Your assignment
From the listing below, pull each line that includes "Type".

Material for this exercise
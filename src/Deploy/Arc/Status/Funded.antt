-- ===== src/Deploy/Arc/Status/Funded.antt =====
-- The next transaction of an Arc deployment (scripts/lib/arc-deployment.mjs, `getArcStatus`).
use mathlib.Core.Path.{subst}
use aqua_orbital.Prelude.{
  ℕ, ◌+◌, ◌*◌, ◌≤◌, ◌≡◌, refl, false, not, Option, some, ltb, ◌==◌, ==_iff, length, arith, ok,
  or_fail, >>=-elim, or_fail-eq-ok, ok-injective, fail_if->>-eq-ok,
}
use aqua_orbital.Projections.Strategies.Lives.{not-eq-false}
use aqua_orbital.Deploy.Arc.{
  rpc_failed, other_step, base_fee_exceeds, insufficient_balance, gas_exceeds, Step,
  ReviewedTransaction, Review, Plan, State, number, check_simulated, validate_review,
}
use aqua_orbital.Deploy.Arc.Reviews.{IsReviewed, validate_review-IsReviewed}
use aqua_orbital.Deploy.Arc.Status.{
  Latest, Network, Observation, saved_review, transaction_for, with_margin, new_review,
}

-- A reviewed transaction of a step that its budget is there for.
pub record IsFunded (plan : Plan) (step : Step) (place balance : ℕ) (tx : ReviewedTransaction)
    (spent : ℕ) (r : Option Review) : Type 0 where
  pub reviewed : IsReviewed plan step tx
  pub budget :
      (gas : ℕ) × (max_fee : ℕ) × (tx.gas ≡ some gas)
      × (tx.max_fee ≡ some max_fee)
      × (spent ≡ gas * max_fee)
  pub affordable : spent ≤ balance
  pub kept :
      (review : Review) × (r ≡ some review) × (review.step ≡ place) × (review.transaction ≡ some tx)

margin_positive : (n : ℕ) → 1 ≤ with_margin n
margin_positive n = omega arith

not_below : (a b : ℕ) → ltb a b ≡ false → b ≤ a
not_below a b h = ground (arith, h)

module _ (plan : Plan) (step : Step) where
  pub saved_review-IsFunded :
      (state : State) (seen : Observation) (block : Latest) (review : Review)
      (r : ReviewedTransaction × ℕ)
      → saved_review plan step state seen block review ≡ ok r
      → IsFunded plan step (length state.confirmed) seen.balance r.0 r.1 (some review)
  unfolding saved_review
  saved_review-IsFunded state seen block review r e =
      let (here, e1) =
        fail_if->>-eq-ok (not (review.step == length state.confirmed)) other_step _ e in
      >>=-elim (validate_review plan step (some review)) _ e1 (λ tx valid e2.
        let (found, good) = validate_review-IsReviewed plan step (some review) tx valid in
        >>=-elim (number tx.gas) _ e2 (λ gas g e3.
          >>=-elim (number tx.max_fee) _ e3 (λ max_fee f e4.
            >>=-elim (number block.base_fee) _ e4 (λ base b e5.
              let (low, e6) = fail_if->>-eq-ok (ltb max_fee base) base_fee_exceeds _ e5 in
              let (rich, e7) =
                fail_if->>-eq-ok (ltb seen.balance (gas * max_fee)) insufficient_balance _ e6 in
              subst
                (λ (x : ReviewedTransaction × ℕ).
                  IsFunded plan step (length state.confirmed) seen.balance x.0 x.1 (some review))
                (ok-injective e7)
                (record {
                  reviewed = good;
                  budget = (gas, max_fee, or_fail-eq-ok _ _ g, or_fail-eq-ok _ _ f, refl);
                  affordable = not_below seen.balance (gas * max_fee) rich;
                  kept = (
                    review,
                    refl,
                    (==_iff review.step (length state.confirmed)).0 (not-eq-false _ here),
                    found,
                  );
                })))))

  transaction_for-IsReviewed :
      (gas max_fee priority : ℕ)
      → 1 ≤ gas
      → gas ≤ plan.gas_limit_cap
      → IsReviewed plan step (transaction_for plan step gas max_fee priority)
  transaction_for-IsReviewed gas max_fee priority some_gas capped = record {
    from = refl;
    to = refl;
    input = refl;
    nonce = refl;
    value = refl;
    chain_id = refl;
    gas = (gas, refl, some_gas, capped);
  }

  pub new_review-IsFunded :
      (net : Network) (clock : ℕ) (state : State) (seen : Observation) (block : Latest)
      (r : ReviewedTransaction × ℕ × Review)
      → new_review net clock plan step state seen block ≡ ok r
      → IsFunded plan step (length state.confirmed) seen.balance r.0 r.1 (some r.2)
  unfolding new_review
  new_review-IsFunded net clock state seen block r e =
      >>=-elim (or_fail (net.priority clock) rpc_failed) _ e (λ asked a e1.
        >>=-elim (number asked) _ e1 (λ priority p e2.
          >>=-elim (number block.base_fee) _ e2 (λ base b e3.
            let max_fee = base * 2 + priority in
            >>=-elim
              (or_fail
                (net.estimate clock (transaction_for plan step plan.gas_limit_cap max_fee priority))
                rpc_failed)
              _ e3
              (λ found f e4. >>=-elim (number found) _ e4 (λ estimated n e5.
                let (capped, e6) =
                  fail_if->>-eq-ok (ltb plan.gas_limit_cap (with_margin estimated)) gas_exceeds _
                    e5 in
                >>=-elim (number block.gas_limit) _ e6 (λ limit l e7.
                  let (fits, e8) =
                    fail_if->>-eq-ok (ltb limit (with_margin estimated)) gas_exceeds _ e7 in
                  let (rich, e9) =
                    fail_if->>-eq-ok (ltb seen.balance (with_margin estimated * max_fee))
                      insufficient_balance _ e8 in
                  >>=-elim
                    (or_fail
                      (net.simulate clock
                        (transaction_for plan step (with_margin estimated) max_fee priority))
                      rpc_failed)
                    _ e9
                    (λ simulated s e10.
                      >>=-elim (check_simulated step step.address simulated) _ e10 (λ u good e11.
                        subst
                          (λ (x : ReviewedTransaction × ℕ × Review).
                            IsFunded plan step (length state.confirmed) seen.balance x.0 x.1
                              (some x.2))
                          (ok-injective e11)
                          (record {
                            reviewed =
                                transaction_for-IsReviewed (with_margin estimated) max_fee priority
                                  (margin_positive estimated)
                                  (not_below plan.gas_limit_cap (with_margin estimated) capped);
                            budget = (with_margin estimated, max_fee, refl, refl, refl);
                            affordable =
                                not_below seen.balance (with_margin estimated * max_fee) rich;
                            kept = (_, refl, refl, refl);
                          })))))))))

* * *

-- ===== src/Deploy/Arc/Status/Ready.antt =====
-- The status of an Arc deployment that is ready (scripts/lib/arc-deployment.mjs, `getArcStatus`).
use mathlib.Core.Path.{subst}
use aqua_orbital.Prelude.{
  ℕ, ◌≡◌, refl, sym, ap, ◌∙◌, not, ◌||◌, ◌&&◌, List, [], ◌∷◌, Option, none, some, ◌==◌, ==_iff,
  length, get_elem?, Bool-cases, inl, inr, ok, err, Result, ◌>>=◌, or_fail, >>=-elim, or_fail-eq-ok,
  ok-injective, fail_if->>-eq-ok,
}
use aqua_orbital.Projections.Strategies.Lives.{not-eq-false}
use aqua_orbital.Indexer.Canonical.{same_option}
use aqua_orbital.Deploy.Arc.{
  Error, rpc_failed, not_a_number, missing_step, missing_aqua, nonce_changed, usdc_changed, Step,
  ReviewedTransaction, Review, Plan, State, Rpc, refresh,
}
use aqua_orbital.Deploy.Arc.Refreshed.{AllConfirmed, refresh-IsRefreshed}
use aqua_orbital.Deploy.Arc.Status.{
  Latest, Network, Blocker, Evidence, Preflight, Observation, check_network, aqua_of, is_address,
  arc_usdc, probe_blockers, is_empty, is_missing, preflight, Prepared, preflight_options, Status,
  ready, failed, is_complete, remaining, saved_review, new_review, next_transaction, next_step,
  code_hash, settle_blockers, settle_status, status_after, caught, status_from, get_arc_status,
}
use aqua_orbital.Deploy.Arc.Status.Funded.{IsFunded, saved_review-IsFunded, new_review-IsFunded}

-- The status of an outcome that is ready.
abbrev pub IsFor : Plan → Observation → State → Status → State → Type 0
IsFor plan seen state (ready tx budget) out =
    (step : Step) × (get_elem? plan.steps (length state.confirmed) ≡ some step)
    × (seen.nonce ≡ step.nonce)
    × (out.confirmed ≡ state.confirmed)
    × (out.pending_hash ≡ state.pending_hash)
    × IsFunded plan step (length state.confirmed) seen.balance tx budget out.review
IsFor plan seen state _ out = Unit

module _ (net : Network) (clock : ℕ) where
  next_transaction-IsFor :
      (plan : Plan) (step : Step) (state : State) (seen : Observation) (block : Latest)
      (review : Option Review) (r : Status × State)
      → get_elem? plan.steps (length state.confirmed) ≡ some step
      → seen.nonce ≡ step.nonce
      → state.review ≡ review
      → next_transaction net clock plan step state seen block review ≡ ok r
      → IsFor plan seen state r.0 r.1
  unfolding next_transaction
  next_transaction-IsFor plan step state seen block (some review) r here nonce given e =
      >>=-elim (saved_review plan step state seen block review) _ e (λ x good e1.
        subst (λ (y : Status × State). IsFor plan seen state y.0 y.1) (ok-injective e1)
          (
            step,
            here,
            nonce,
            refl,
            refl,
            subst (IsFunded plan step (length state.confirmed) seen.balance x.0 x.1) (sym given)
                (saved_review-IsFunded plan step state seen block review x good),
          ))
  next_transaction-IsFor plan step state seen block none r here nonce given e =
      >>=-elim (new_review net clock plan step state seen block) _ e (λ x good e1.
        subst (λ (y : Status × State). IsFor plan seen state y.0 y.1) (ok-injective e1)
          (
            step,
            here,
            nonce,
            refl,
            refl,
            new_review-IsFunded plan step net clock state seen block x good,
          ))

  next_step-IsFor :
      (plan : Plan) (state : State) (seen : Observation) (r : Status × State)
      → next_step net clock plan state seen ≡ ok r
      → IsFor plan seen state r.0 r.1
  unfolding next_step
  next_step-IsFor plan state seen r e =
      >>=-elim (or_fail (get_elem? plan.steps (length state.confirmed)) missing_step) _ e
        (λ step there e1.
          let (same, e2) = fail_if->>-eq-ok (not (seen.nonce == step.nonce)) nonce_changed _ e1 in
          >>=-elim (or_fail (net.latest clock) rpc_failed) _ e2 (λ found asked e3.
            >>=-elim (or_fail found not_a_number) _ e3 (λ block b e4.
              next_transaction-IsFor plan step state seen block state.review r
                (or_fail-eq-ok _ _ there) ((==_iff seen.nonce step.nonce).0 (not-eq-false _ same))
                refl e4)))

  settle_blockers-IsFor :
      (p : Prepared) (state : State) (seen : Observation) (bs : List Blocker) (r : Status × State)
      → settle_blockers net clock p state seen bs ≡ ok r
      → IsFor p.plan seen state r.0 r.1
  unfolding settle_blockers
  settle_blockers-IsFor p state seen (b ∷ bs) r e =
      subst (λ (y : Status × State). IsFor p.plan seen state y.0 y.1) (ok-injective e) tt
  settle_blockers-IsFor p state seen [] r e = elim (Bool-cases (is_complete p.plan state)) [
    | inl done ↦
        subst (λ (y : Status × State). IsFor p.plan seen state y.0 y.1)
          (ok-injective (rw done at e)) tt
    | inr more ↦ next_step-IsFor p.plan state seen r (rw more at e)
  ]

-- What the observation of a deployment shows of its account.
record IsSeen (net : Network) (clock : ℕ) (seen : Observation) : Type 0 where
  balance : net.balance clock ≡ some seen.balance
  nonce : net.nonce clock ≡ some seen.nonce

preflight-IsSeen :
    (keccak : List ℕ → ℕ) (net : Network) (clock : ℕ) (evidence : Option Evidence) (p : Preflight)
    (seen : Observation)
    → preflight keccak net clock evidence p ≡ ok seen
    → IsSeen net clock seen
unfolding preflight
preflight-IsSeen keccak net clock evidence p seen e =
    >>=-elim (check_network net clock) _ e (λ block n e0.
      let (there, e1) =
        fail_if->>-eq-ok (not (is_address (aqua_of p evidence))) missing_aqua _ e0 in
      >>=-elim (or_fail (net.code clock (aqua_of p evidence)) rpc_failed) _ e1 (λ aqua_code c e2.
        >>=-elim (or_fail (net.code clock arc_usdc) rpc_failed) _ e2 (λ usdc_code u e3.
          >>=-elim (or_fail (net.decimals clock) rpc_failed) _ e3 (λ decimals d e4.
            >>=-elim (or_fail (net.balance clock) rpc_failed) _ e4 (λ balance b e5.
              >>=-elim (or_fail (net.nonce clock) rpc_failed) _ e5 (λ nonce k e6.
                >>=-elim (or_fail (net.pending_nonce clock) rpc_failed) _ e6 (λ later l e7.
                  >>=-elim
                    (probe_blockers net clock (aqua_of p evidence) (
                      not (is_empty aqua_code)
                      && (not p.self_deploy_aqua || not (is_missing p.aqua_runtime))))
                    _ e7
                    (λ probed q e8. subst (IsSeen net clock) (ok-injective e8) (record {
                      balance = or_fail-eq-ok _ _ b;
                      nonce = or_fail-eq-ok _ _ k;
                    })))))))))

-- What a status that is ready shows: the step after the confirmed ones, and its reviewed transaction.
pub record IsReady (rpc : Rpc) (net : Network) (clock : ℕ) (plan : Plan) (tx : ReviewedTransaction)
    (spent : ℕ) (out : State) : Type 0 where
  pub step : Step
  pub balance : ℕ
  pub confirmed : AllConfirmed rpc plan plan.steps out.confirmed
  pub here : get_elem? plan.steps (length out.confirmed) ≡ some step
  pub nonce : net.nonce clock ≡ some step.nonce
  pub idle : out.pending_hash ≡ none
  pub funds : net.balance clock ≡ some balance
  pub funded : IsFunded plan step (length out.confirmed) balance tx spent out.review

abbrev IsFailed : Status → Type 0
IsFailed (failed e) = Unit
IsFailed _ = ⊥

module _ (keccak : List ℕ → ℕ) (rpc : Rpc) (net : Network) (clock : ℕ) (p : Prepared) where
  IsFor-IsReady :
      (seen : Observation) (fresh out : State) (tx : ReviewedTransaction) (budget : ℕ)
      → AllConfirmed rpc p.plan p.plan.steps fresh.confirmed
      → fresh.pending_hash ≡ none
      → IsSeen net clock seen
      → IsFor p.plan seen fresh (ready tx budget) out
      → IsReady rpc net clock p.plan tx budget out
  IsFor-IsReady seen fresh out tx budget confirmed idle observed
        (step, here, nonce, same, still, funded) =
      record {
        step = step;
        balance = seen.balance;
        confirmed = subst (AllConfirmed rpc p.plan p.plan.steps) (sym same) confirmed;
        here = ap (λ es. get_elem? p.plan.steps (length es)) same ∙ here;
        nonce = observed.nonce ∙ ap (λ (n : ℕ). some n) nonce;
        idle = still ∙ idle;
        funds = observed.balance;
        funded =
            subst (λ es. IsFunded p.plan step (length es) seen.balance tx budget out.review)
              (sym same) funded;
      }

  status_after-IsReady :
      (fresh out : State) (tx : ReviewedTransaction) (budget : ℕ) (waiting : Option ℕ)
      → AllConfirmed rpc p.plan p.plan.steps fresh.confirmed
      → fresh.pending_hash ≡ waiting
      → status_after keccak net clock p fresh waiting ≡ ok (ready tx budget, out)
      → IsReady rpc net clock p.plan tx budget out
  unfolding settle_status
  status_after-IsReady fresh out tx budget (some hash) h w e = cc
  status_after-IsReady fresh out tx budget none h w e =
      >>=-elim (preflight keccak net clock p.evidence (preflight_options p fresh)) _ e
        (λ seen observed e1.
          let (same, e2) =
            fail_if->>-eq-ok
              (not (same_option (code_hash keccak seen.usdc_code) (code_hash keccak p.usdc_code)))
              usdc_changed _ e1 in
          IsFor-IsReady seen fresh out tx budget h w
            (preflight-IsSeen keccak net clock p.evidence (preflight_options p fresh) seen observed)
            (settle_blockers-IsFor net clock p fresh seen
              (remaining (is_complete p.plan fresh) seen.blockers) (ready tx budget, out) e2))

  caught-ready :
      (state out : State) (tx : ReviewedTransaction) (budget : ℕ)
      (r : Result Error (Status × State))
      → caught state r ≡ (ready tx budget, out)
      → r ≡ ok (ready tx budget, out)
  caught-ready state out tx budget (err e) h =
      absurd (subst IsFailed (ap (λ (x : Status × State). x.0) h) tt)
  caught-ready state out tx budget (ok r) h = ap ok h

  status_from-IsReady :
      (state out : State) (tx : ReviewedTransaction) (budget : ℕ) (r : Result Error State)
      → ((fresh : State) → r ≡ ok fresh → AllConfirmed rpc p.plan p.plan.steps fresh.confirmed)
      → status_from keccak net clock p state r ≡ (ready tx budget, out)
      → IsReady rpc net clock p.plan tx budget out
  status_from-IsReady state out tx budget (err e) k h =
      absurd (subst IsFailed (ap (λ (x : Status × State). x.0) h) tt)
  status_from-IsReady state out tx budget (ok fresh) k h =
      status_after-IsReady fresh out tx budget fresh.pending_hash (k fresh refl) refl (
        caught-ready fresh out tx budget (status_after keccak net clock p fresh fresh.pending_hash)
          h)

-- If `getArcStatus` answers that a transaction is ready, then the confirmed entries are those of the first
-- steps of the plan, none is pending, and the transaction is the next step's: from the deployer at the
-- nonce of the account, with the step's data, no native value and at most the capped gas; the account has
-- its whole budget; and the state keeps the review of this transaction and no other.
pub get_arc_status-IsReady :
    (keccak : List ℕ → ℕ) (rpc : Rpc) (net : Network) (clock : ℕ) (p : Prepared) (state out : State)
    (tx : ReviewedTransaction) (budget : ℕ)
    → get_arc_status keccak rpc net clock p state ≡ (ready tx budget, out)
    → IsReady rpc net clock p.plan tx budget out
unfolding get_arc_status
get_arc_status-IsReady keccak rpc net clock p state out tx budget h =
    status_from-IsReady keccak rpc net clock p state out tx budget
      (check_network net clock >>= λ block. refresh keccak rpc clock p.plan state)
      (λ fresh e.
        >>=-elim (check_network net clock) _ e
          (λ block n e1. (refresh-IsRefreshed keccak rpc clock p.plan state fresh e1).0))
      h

Exercise result
    (spent : ℕ) (r : Option Review) : Type 0 where
abbrev pub IsFor : Plan → Observation → State → Status → State → Type 0
record IsSeen (net : Network) (clock : ℕ) (seen : Observation) : Type 0 where
    (spent : ℕ) (out : State) : Type 0 where
abbrev IsFailed : Status → Type 0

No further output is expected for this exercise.